In or around September 2009, Plaintiff Vulcan Capital Corporation, a private equity firm, considered financing the acquisition of certain assets by Defendant Miller Energy Resources, an oil and gas exploration company. Boyd Aff. ¶ 4. As a result of these discussions, Miller's Board of Directors offered to employ Ford F. Graham-who is the president of Vulcan, see McCleskey Decl. Ex. C-as their Vice-Chairman of the Board of Directors and President, Boyd Aff. 8; Second Amended Complaint ("SAC") ¶ 16. As part of his compensation, Graham was issued warrants to purchase 1, 000, 000 shares of Miller common stock at certain strike prices ("Warrants"). Boyd Aff. ¶ 10; SAC ¶ 16. At Graham's request, the Warrants were issued in Vulcan's name. Boyd Aff. ¶9; SAC ¶ 24. Each of the Warrants contained a "Governing Law" clause, which directed that its terms be construed under Tennessee law, and that "[a]ny suit, action, or proceeding with respect to [the] Warrant be brought in the state or federal courts located in Knox County in the State of Tennessee." Boyd Aff. Ex. B ¶ 7.

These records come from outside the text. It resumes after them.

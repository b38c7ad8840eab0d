-- ===== src/Policy/Scan/Loops.antt =====
-- What each loop of `Evaluate` adds to its variables, and that it ends unless it is cancelled.
use kordn.Base.{
  ℕ, ◌+◌, List, [], ◌∷◌, Bool, false, not, ◌&&◌, ◌||◌, Option, none, some, Bytes, any, ◌≡◌, refl,
  ◌∙◌, arith,
}
use kordn.AwsRequest.Mapping.{IamRequirement}
use kordn.Policy.Rule.{CompiledRule, RequestContext}
use kordn.Policy.Scan.{
  Context, Scan, Cover, poll, apply_rule, rule_round, scan_rules, close_resource, scan_resource,
  scan_resources, scan_requirements, ◌>>=◌,
}
use kordn.Policy.Verdict.{
  denies, covers, lacks_acknowledgement, resource_denied, resource_unacknowledged,
  resource_uncovered, some_resource,
}

-- The flags grew by the three answers.
pub record Grows (s s' : Scan) (d w u : Bool) : Type 0 where
  pub denied : s'.explicit_deny ≡ (s.explicit_deny || d)
  pub missing : s'.wildcard_missing ≡ (s.wildcard_missing || w)
  pub open_ended : s'.uncovered ≡ (s.uncovered || u)

-- The same for the loop over the rules, which leaves two flags alone.
record RuleGrows (s : Scan) (c : Cover) (s' : Scan) (c' : Cover) (d k a : Bool) : Type 0 where
  denied : s'.explicit_deny ≡ (s.explicit_deny || d)
  missing : s'.wildcard_missing ≡ s.wildcard_missing
  open_ended : s'.uncovered ≡ s.uncovered
  covered : c'.covered ≡ (c.covered || k)
  unacknowledged : c'.saw_unacknowledged ≡ (c.saw_unacknowledged || a)

bind-some {ℓ κ} :
    {A : Type ℓ} {B : Type κ} (m : Option A) (f : A → Option B) {b : B}
    → (m >>= f) ≡ some b
    → (a : A) × (m ≡ some a) × (f a ≡ some b)
bind-some none f h = absurd (ground arith)
bind-some (some a) f h = (a, refl, h)

some-eq : {a b : Scan} → some a ≡ some b → a ≡ b
some-eq e = ground arith

or_chain : (x d e : Bool) {y z : Bool} → y ≡ (x || d) → z ≡ (y || e) → z ≡ (x || (d || e))
or_chain x d e p q = ground arith

Grows-none : (s : Scan) {s' : Scan} → s ≡ s' → Grows s s' false false false
Grows-none s e = record { denied = ground arith; missing = ground arith; open_ended = ground arith }

Grows-chain :
    {s t u : Scan} {d w o d' w' o' : Bool}
    → Grows s t d w o
    → Grows t u d' w' o'
    → Grows s u (d || d') (w || w') (o || o')
Grows-chain g h = record {
  denied = or_chain _ _ _ g.denied h.denied;
  missing = or_chain _ _ _ g.missing h.missing;
  open_ended = or_chain _ _ _ g.open_ended h.open_ended;
}

module _ (ctx : Context) (request : RequestContext) where
  rule_round-RuleGrows :
      (q : IamRequirement) (resource : Bytes) (rule : CompiledRule) (index : ℕ) (s : Scan)
      (c : Cover) {s' : Scan} {c' : Cover}
      → rule_round ctx request q resource rule index (s, c) ≡ some (s', c')
      → RuleGrows s c s' c'
          (denies request q resource rule)
          (covers request q resource rule)
          (lacks_acknowledgement request q resource rule)
  unfolding rule_round poll apply_rule
  rule_round-RuleGrows q resource rule index s c h = ground arith

  scan_rules-RuleGrows :
      (q : IamRequirement) (resource : Bytes) (rules : List CompiledRule) (index : ℕ) (s : Scan)
      (c : Cover) {s' : Scan} {c' : Cover}
      → scan_rules ctx request q resource rules index (s, c) ≡ some (s', c')
      → RuleGrows s c s' c'
          (any (denies request q resource) rules)
          (any (covers request q resource) rules)
          (any (lacks_acknowledgement request q resource) rules)
  unfolding scan_rules
  scan_rules-RuleGrows q resource [] index s c h = ground arith
  scan_rules-RuleGrows q resource (rule ∷ rules) index s c h =
      let ((s₁, c₁), first, rest) =
        bind-some (rule_round ctx request q resource rule index (s, c)) _ h in
      let one = rule_round-RuleGrows q resource rule index s c first in
      let more = scan_rules-RuleGrows q resource rules (index + 1) s₁ c₁ rest in
      record {
        denied = or_chain _ _ _ one.denied more.denied;
        missing = more.missing ∙ one.missing;
        open_ended = more.open_ended ∙ one.open_ended;
        covered = or_chain _ _ _ one.covered more.covered;
        unacknowledged = or_chain _ _ _ one.unacknowledged more.unacknowledged;
      }

  close_resource-Grows :
      {s₀ s : Scan} {c : Cover} {d k a : Bool}
      → RuleGrows s₀ (record { covered = false; saw_unacknowledged = false }) s c d k a
      → Grows s₀ (close_resource (s, c)) d (not k && a) (not k && not a)
  unfolding close_resource
  close_resource-Grows g = record {
    denied = ground arith;
    missing = ground arith;
    open_ended = ground arith;
  }

  poll-same : (s : Scan) {s' : Scan} → poll ctx s ≡ some s' → Grows s s' false false false
  unfolding poll
  poll-same s h = ground arith

  module _ (rules : List CompiledRule) where
    scan_resource-Grows :
        (q : IamRequirement) (resource : Bytes) (s : Scan) {s' : Scan}
        → scan_resource ctx request rules q resource s ≡ some s'
        → Grows s s'
            (resource_denied request rules q resource)
            (resource_unacknowledged request rules q resource)
            (resource_uncovered request rules q resource)
    unfolding scan_resource
    scan_resource-Grows q resource s h =
        let (s₁, polled, rest) = bind-some (poll ctx s) _ h in
        let ((s₂, c), scanned, closed) =
          bind-some (scan_rules ctx request q resource rules 0 _) _ rest in
        let g = scan_rules-RuleGrows q resource rules 0 s₁ _ scanned in
        Grows-chain (poll-same s polled) (rw (some-eq closed) at (close_resource-Grows g))

    scan_resources-Grows :
        (q : IamRequirement) (resources : List Bytes) (s : Scan) {s' : Scan}
        → scan_resources ctx request rules q resources s ≡ some s'
        → Grows s s'
            (any (resource_denied request rules q) resources)
            (any (resource_unacknowledged request rules q) resources)
            (any (resource_uncovered request rules q) resources)
    unfolding scan_resources
    scan_resources-Grows q [] s h = Grows-none s (some-eq h)
    scan_resources-Grows q (resource ∷ resources) s h =
        let (s₁, first, rest) = bind-some (scan_resource ctx request rules q resource s) _ h in
        Grows-chain (scan_resource-Grows q resource s first)
          (scan_resources-Grows q resources s₁ rest)

    -- Over all requirements: each flag is set exactly if some resource gives cause.
    pub scan_requirements-Grows :
        (requirements : List IamRequirement) (s : Scan) {s' : Scan}
        → scan_requirements ctx request rules requirements s ≡ some s'
        → Grows s s'
            (some_resource (resource_denied request rules) requirements)
            (some_resource (resource_unacknowledged request rules) requirements)
            (some_resource (resource_uncovered request rules) requirements)
    unfolding scan_requirements
    scan_requirements-Grows [] s h = Grows-none s (some-eq h)
    scan_requirements-Grows (q ∷ requirements) s h =
        let (s₁, first, rest) = bind-some (scan_resources ctx request rules q q.resources s) _ h in
        Grows-chain (scan_resources-Grows q q.resources s first)
          (scan_requirements-Grows requirements s₁ rest)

Meanwhile, PlainsCapital Bank, a Texas-based organization, had made a number of loans to Vulcan-affiliated companies. See SAC ¶¶ 14, 28; McCleskey Decl. ¶ 2. However, Vulcan itself "had no debt to Plains." SAC ¶ 31. At some point in 2010, it was discovered that collateral securing certain of these loans had been sold without Plains' consent. McCleskey Decl. ¶ 2. In response, Plains and Vulcan entered into the June 8, 2010, Pledge Agreement, pursuant to which Plains promised to continue lending to Vulcan-affiliated companies in exchange for the Warrants being pledged as collateral to secure those loans. See SAC ¶ 31; McCleskey Decl. ¶ 2; McCleskey Decl. Ex. 1 ("Pledge Agreement"). Following the alleged default on one of those loans in or around September 2010, the Warrants were transferred to and executed by Plains. See McCleskey Decl. ¶ 3; SAC ¶¶ 39-42.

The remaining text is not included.